I was almost there, I could see them now, and I spotted the one I would target. Closer, and closer, my mind was long rid of the consequences and aimed directly at my victim. And then I was there and could not even think of stopping. I grabbed it's hindlimb for a brief second, knocking the 5 ton creature off of its balance in order to give me enough time to run back in the opposite direction.

"tag! you're it!" that's exactly what it felt like.

The long stretch of open green lead to nothing other than a small playground in the distance. My adrenaline had kicked in, pumping through my veins and making the flat ground feel like one of those bouncy-floors at the Discovery Zone. Each step launched me into the air, if only for a foot, to leap further and faster to some form of safety; my playground.

I was there, but the creature wasn't far behind me and I didn't have much time to think of my next move. I raced up the steps, my heart beating wildly as if it would explode inside of my chest, looking frantically for the highest part of the jungle gym. The top of that slide, that would be perfect. And so i laid my body over the top of the bright yellow slide holding my panting tongue, squeezing my shaking eyes shut, and using meditative practices learned in high school psychology class to try to slow down my heart rate. At this point it was beating so viciously that you could hear it boom boom/boom boom/boom boom, pounding through my chest and onto the hollow plastic beneath me.

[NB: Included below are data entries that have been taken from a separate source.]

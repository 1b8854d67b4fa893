-- ===== src/Manager/Bird/Answer.antt =====
-- src/manager.rs: when a reload of BIRD succeeds.
use dn42_autopeer.Base.{
  ℕ, ◌≡◌, ◌↔◌, refl, sym, ap, subst, List, [], ◌∷◌, ◌++◌, All, true, false, ◌⊎◌, inl, inr, none,
  arith, Bool-cases, nat_eq, ◌==◌,
}
use dn42_autopeer.Base.Text.{Text}
use dn42_autopeer.Result.{ok}
use dn42_autopeer.World.Types.{World}
use dn42_autopeer.World.Action.{answer, advance, lift, ◌>>=◌, continue}
use dn42_autopeer.World.Returns.{call-returns, lift-returns}
use dn42_autopeer.Manager.State.{PeerManager}
use dn42_autopeer.Manager.Bird.Reload.{
  ends_answer, is_refusal, skip_banner, read_answer, reload_bird,
}

-- The last line of an answer has a space behind its first four characters.
abbrev pub IsEnd : Text → Type 0
IsEnd line =
    (a : ℕ) × (b : ℕ) × (c : ℕ) × (d : ℕ) × (rest : Text) × (line ≡ a ∷ b ∷ c ∷ d ∷ 0x20 ∷ rest)

-- The line of a refusal begins with 8 or 9.
abbrev pub IsRefusal : Text → Type 0
IsRefusal line = (rest : Text) × ((line ≡ b'8' ∷ rest) ⊎ (line ≡ b'9' ∷ rest))

-- The first last line, with the lines behind it.
abbrev pub Splits : List Text → Text → List Text → Type 0
Splits lines line rest =
    (before : List Text) × All (λ l. IsEnd l → ⊥) before
    × IsEnd line
    × (lines ≡ before ++ line ∷ rest)

ends_answer_iff : (line : Text) → (ends_answer line ≡ true) ↔ IsEnd line
unfolding ends_answer
ends_answer_iff (a ∷ b ∷ c ∷ d ∷ e ∷ rest) =
    (λ h. (a, b, c, d, rest, ground (arith, h)), λ (_, _, _, _, _, h). ground (arith, h))
ends_answer_iff [] = (λ h. ground (arith, h), λ (_, _, _, _, _, h). ground (arith, h))
ends_answer_iff (a ∷ []) = (λ h. ground (arith, h), λ (_, _, _, _, _, h). ground (arith, h))
ends_answer_iff (a ∷ b ∷ []) = (λ h. ground (arith, h), λ (_, _, _, _, _, h). ground (arith, h))
ends_answer_iff (a ∷ b ∷ c ∷ []) = (λ h. ground (arith, h), λ (_, _, _, _, _, h). ground (arith, h))
ends_answer_iff (a ∷ b ∷ c ∷ d ∷ []) =
    (λ h. ground (arith, h), λ (_, _, _, _, _, h). ground (arith, h))

not_end : (line : Text) → ends_answer line ≡ false → IsEnd line → ⊥
not_end line e h =
    let t : ends_answer line ≡ true = (ends_answer_iff line).1 h in ground (arith, e, t)

is_refusal_iff : (line : Text) → (is_refusal line ≡ true) ↔ IsRefusal line
unfolding is_refusal
is_refusal_iff [] = (
  λ h. ground (arith, h),
  λ (rest, h). elim h [ inl e ↦ ground (arith, e) | inr e ↦ ground (arith, e) ],
)
is_refusal_iff (c ∷ line) = (
  λ h. elim (Bool-cases (c == b'8')) [
    | inl e ↦ (line, inl (ground (arith, e)))
    | inr e ↦ (line, inr (ground (arith, e, h)))
  ],
  λ (rest, h). elim h [ inl e ↦ ground (arith, e) | inr e ↦ ground (arith, e) ],
)

fine_iff : (line : Text) → (is_refusal line ≡ false) ↔ (IsRefusal line → ⊥)
fine_iff line = (
  λ e h. let t : is_refusal line ≡ true = (is_refusal_iff line).1 h in ground (arith, e, t),
  λ h. elim (Bool-cases (is_refusal line)) [
    | inl e ↦ absurd (h ((is_refusal_iff line).0 e))
    | inr e ↦ e
  ],
)

module _ (line : Text) (rest : List Text) where
  splits_nil : Splits [] line rest → ⊥
  splits_nil ([], h, e, q) = ground (arith, q)
  splits_nil (l ∷ before, h, e, q) = ground (arith, q)

  later :
      (l : Text) (lines : List Text)
      → (IsEnd l → ⊥)
      → Splits lines line rest
      → Splits (l ∷ lines) line rest
  later l lines apart (before, h, e, q) = (l ∷ before, (apart, h), e, ap (λ ls. l ∷ ls) q)

  -- The first line is the last line of the answer, or the split is behind it.
  first_line :
      (l : Text) (lines : List Text)
      → Splits (l ∷ lines) line rest
      → (IsEnd l × (line ≡ l) × (rest ≡ lines)) ⊎ ((IsEnd l → ⊥) × Splits lines line rest)
  first_line l lines ([], h, e, q) =
      let same : l ≡ line = ground (arith, q) in
      inl (subst IsEnd (sym same) e, sym same, ground (arith, q))
  first_line l lines (m ∷ before, h, e, q) =
      let same : l ≡ m = ground (arith, q) in
      inr (subst (λ n. IsEnd n → ⊥) (sym same) h.0, (before, h.1, e, ground (arith, q)))

skip_banner_iff :
    (lines rest : List Text)
    → (skip_banner lines ≡ ok rest) ↔ ((banner : Text) × Splits lines banner rest)
unfolding skip_banner
skip_banner_iff [] rest = (λ h. ground (arith, h), λ (banner, s). absurd (splits_nil banner rest s))
skip_banner_iff (l ∷ lines) rest = elim (Bool-cases (ends_answer l)) [
  | inl e ↦ (
    λ h.
        let same : lines ≡ rest = ground (arith, e, h) in
        (l, ([], tt, (ends_answer_iff l).0 e, ap (λ ls. l ∷ ls) same)),
    λ (banner, s). elim (first_line banner rest l lines s) [
      | inl h ↦ let same : rest ≡ lines = h.2 in ground (arith, e, same)
      | inr h ↦ absurd (h.0 ((ends_answer_iff l).0 e))
    ],
  )
  | inr e ↦
      let ih = skip_banner_iff lines rest in
      (
        λ h.
            let (banner, s) = ih.0 (ground (arith, e, h)) in
            (banner, later banner rest l lines (not_end l e) s),
        λ (banner, s). elim (first_line banner rest l lines s) [
          | inl h ↦ absurd (not_end l e h.0)
          | inr h ↦ let t : skip_banner lines ≡ ok rest = ih.1 (banner, h.1) in ground (arith, e, t)
        ],
      )
]

read_answer_iff :
    (lines : List Text) (output : Text)
    → (read_answer lines output ≡ ok tt)
      ↔ ((line : Text) × (rest : List Text) × Splits lines line rest × (IsRefusal line → ⊥))
unfolding read_answer
read_answer_iff [] output =
    (λ h. ground (arith, h), λ (line, rest, s, fine). absurd (splits_nil line rest s))
read_answer_iff (l ∷ lines) output = elim (Bool-cases (ends_answer l)) [
  | inl e ↦ (
    λ h. elim (Bool-cases (is_refusal l)) [
      | inl f ↦ ground (arith, e, f, h)
      | inr f ↦ (l, lines, ([], tt, (ends_answer_iff l).0 e, refl), (fine_iff l).0 f)
    ],
    λ (line, rest, s, fine). elim (first_line line rest l lines s) [
      | inl h ↦
          let same : line ≡ l = h.1 in
          let f : is_refusal l ≡ false = (fine_iff l).1 (subst (λ m. IsRefusal m → ⊥) same fine) in
          ground (arith, e, f)
      | inr h ↦ absurd (h.0 ((ends_answer_iff l).0 e))
    ],
  )
  | inr e ↦
      let ih = read_answer_iff lines (output ++ l) in
      (
        λ h.
            let (line, rest, s, fine) = ih.0 (ground (arith, e, h)) in
            (line, rest, later line rest l lines (not_end l e) s, fine),
        λ (line, rest, s, fine). elim (first_line line rest l lines s) [
          | inl h ↦ absurd (not_end l e h.0)
          | inr h ↦
              let t : read_answer lines (output ++ l) ≡ ok tt = ih.1 (line, rest, h.1, fine) in
              ground (arith, e, t)
        ],
      )
]

-- BIRD has accepted: it was reached, the command was written and its answer read without a failure
-- or a timeout, and behind the banner the answer's last line is no refusal.
abbrev pub IsAccepted : World → Type 0
IsAccepted w =
    ((w.answers 0).fault ≡ none)
    × ((rest : List Text) × ((banner : Text) × Splits (w.answers 1).lines banner rest)
        × ((w.answers 2).fault ≡ none)
        × ((w.answers 3).fault ≡ none)
        × ((line : Text) × (behind : List Text) × Splits rest line behind × (IsRefusal line → ⊥)))

-- A reload of BIRD succeeds exactly if the socket is reached, BIRD sends a banner, the command is
-- written and the answer read without a failure or a timeout, and the last line of the answer does
-- not begin with 8 or 9. The banner and the answer end with the first line that has a space behind
-- its first four characters; the four are not looked at otherwise.
pub reload_bird_iff :
    (self : PeerManager) (w : World) → ((reload_bird self w).0 ≡ ok tt) ↔ IsAccepted w
unfolding reload_bird answer ◌>>=◌ continue lift
reload_bird_iff self w = (
  λ h.
      let (connected, h1) = (call-returns tt _ _ w).0 h in
      let (rest, banner, h2) =
        (lift-returns tt (skip_banner (w.answers 1).lines) _ (advance (advance w))).0 h1 in
      let (written, h3) = (call-returns tt _ _ (advance (advance w))).0 h2 in
      let (read, h4) = (call-returns tt _ _ (advance (advance (advance w)))).0 h3 in
      (
        connected,
        (rest, (skip_banner_iff _ rest).0 banner, written, read, (read_answer_iff rest []).0 h4),
      ),
  λ (connected, (rest, banner, written, read, line)). (call-returns tt _ _ w).1 (
    connected,
    (lift-returns tt (skip_banner (w.answers 1).lines) _ (advance (advance w))).1 (
      rest,
      (skip_banner_iff _ rest).1 banner,
      (call-returns tt _ _ (advance (advance w))).1 (
        written,
        (call-returns tt _ _ (advance (advance (advance w)))).1
            (read, (read_answer_iff rest []).1 line),
      ),
    ),
  ),
)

And then I heard him, attempting to be just as slick and sly and quiet and sneaky as me. I heard him crushing the wood chips below with those monstrous feet, gasping heavily through his clenched jaw of razor sharp fangs, spewing saliva from the spaces between with each breath. My heart was much quieter now, but he could smell me. I scrunched up like an inch worm, hunching my back and writhing closer to the top of the slide... but he was a predator and he heard every move i made and with that he slammed his right claw up through the slide, piercing the plastic as if it were nothing stronger than a sheet of paper. MILLIMETERS from my stomach, i glared in horror at the eye of the beast through the hole, continuously realizing that I had no plan whatsoever. He knew where I was now so silence was no longer an issue. I scrambled, yelping and flailing limbs with each ceaseless stab through the plastic that held every intention of ending my life. I scrambled to my feet, acting solely on my own defensive instinct, realizing the slide would no longer do as a safe haven, if it even ever did. I looked up and there was higher point I could climb to, something I had not noticed earlier. But just as I clasped my sweaty palms around the two green metal bars in attempt to hoist myself up to safety, the tyrannosaurus rex stormed up the slide like the bully in the fourth grade. The traction of the slide and the bottoms of his feet were matched perfectly, not allowing for even a second of a head start on my behalf.

And I had nothing. I had no time to look for another place to run, I had no time to step backwards, I had no time to figure out a way to defend myself so I screamed "STOP!" and just as the dinosaur was about to charge at my throat and rip me to shreds, he followed my demands and stopped. His head tilted to the side, resembling a curious old golden retriever, waiting for my next request. "I don't want to do this anymore! I can't!" I screamed, assuming this dinosaur knew exactly what I was saying. Apparently he did, because he stuck out his tiny, silly looking arm as if to call it a truce and walk away. So I shook his hand, the both of us huffing and puffing from all the excitement, and there was a sense of calmness. I knew the chase was over. Then he galloped down the stairs of the playground and before i could squint hard enough to see him run off into the sunset, he was gone.

Some nights I dream about people, and loving them, and some nights I dream about relationships, and them falling apart. Some nights I dream about my childhood and friends i haven't talked to in 10 years. Other nights, I dream about games of tag with prehistoric creatures. Last night was one of those nights.